Stored items:
----------

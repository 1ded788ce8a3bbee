-- ===== src/Base/Affixes.antt =====
-- The tests for a prefix, a suffix and an infix, as statements about the parts of a text.
use mathlib.Core.Path.{◌≡◌, refl, ap, sym, ◌∙◌, subst}
use mathlib.Core.Logic.{inl, inr}
use mathlib.Core.Bool.{true, false}
use mathlib.Core.List.{[], ◌∷◌, ◌++◌, reverse, reverse-append, reverse-reverse}
use native.Mathlib.Omega.{arith}
use arguss.Base.Tests.{or_of_true, Bool-cases}
use arguss.Base.Texts.{Text, starts_with, ends_with, has_substring}
use arguss.Base.Splits.{starts_with_self}

abbrev pub Begins : Text → Text → Type 0
Begins p s = (t : Text) × (s ≡ p ++ t)

abbrev pub Ends : Text → Text → Type 0
Ends p s = (t : Text) × (s ≡ t ++ p)

abbrev pub Inside : Text → Text → Type 0
Inside p s = (a : Text) × (b : Text) × (s ≡ a ++ (p ++ b))

pub starts_with-some : (p s : Text) → starts_with p s ≡ true → Begins p s
unfolding starts_with
starts_with-some [] s h = (s, refl)
starts_with-some (c ∷ p) [] h = cc
starts_with-some (c ∷ p) (d ∷ s) h =
    let r : starts_with p s ≡ true = ground (arith, h) in
    let e : d ≡ c = ground (arith, h) in let (t, q) = starts_with-some p s r in (t, cc)

pub starts_with-false : (p s : Text) → starts_with p s ≡ false → ¬ Begins p s
starts_with-false p s h (t, e) =
    let y = starts_with_self p t in let x = subst (λ w. starts_with p w ≡ false) e h in cc

pub starts_with-absent : (p s : Text) → ¬ Begins p s → starts_with p s ≡ false
starts_with-absent p s f = elim (Bool-cases (starts_with p s)) [
  | inl h ↦ absurd (f (starts_with-some p s h))
  | inr h ↦ h
]

has_substring_here : (p s : Text) → starts_with p s ≡ true → has_substring p s ≡ true
unfolding has_substring
has_substring_here p [] h = h
has_substring_here p (c ∷ s) h = rw h refl

has_substring_self : (p a b : Text) → has_substring p (a ++ (p ++ b)) ≡ true
unfolding has_substring
has_substring_self p [] b = has_substring_here p (p ++ b) (starts_with_self p b)
has_substring_self p (c ∷ a) b = or_of_true _ _ (has_substring_self p a b)

has_substring-some : (p s : Text) → has_substring p s ≡ true → Inside p s
unfolding has_substring
has_substring-some p [] h = let (t, e) = starts_with-some p [] h in ([], t, e)
has_substring-some p (c ∷ s) h = elim (Bool-cases (starts_with p (c ∷ s))) [
  | inl t ↦ let (r, e) = starts_with-some p (c ∷ s) t in ([], r, e)
  | inr f ↦
      let (a, b, e) = has_substring-some p s (ground (arith, h, f)) in (c ∷ a, b, ap (λ w. c ∷ w) e)
]

pub has_substring-false : (p s : Text) → has_substring p s ≡ false → ¬ Inside p s
has_substring-false p s h (a, b, e) =
    let y = has_substring_self p a b in let x = subst (λ w. has_substring p w ≡ false) e h in cc

pub has_substring-absent : (p s : Text) → ¬ Inside p s → has_substring p s ≡ false
has_substring-absent p s f = elim (Bool-cases (has_substring p s)) [
  | inl h ↦ absurd (f (has_substring-some p s h))
  | inr h ↦ h
]

ends_with_self : (p t : Text) → ends_with p (t ++ p) ≡ true
unfolding ends_with
ends_with_self p t = rw (reverse-append t p) (starts_with_self (reverse p) (reverse t))

ends_with-some : (p s : Text) → ends_with p s ≡ true → Ends p s
unfolding ends_with
ends_with-some p s h =
    let (t, e) = starts_with-some (reverse p) (reverse s) h in
    (
      reverse t,
      sym (reverse-reverse s)
          ∙ (ap reverse e
              ∙ (reverse-append (reverse p) t ∙ ap (λ q. reverse t ++ q) (reverse-reverse p))),
    )

pub ends_with-false : (p s : Text) → ends_with p s ≡ false → ¬ Ends p s
ends_with-false p s h (t, e) =
    let y = ends_with_self p t in let x = subst (λ w. ends_with p w ≡ false) e h in cc

pub ends_with-absent : (p s : Text) → ¬ Ends p s → ends_with p s ≡ false
ends_with-absent p s f = elim (Bool-cases (ends_with p s)) [
  | inl h ↦ absurd (f (ends_with-some p s h))
  | inr h ↦ h
]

----------

*WHAT IS NEEDED:* Your reply should be the number of lines in the entries that contain "arith", nothing more.

*SOLUTION FOR THIS PROBLEM:* 4